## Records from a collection
-- ===== src/Server/Interleaved/Safety.antt =====
-- Workers that run at the same time: the objects that they access, and the mutex.
use mathlib.Core.Path.{subst}
use amsserver.Server.Interleaved.Accepts.{Unlocked}
use amsserver.Server.Interleaved.Good.{Good}
use amsserver.Io.World.{World}
use amsserver.Server.Interleaved.Own.{Own, Steady}
use amsserver.Server.Interleaved.Rounds.{Allows}
use amsserver.Server.Interleaved.Steps.{Stepped, ended, faults, goes, advance, blocked}
use amsserver.Io.Buffer.{recv_posted, send_posted, null_posted, accept_posted, OperationType}
use amsserver.Base.{refl, ◌≡◌, true, false, Fault, Bytes, ℕ, use_after_free, Bool, ◌<◌}
use amsserver.Server.Interleaved.Pool.{Pool, Reach}
use amsserver.Server.Interleaved.Moves.{Lands, advance-Lands, Reach-Good}

-- The thread can take its next step.
abbrev pub IsGoing : {A : Type 0} → Stepped A → Type 0
IsGoing (goes p v) = Unit {0}
IsGoing _ = ⊥

only_send : (o : OperationType) → Allows o use_after_free → o ≡ send_posted
only_send accept_posted a = absurd (a refl)
only_send recv_posted a = absurd (a refl)
only_send send_posted a = refl
only_send null_posted a = absurd (a refl)

-- The thread that has the mutex does not wait for it, has not ended its round, and does not fault.
holder-IsGoing :
    (F : Fault → Type 0) (r : Own) (w : World) (o : Stepped Bool)
    → r.locks ≡ true
    → Lands F r w Unlocked o
    → IsGoing o
holder-IsGoing F r w (ended x) l k = cc
holder-IsGoing F r w blocked l (e, f) = cc
holder-IsGoing F r w (faults e) l (t, f) = cc
holder-IsGoing F r w (goes p v) l k = tt

module _ (sizes : Bytes → ℕ) (n : ℕ) (w : World) (s : Pool) where
  pub lands :
      (g : Good n s) (i : ℕ)
      → Lands
          (Allows (s.thread i).kind)
          (g.owns i)
          s.world
          Unlocked
          (advance (s.thread i).rest s.world)
  lands g i =
      advance-Lands _ (g.owns i) (s.thread i).rest Unlocked s.world (g.works i) g.steady
        (g.claims i)

  -- From a world with the invariant of the threads in which the mutex is free, n threads take their steps
  -- and the completions in any order. Then every pending operation has a live handle, each pending accept
  -- and receive a live io, and no two operations have the same io.
  pub Reach-Steady : Steady w → w.heap_locked ≡ false → Reach sizes n w s → Steady s.world
  Reach-Steady h e r = (Reach-Good sizes n w s h e r).steady

  -- From a world with the invariant of the threads in which the mutex is free, whatever the order of the
  -- steps: a thread that accesses a released object handles the completion of a send.
  pub released_send :
      Steady w
      → w.heap_locked ≡ false
      → Reach sizes n w s
      → (i : ℕ) → advance (s.thread i).rest s.world ≡ faults use_after_free
      → (s.thread i).kind ≡ send_posted
  released_send h e r i f =
      let g = Reach-Good sizes n w s h e r in
      only_send (s.thread i).kind (subst (Lands _ (g.owns i) s.world Unlocked) f (lands g i)).0

  -- From a world with the invariant of the threads in which the mutex is free, whatever the order of the
  -- steps: if a thread waits for the heap mutex, one of the threads can take a step.
  pub no_deadlock :
      Steady w
      → w.heap_locked ≡ false
      → Reach sizes n w s
      → (i : ℕ) → advance (s.thread i).rest s.world ≡ blocked
      → (j : ℕ) × (j < n) × IsGoing (advance (s.thread j).rest s.world)
  no_deadlock h e r i f =
      let g = Reach-Good sizes n w s h e r in
      let (j, l, m) = g.locked (subst (Lands _ (g.owns i) s.world Unlocked) f (lands g i)).0 in
      (j, l, holder-IsGoing _ (g.owns j) s.world _ m (lands g j))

## Exercise
Your task is to return each line of the data above that contains the string "ended".

## Task result
use amsserver.Server.Interleaved.Steps.{Stepped, ended, faults, goes, advance, blocked}
-- The thread that has the mutex does not wait for it, has not ended its round, and does not fault.
holder-IsGoing F r w (ended x) l k = cc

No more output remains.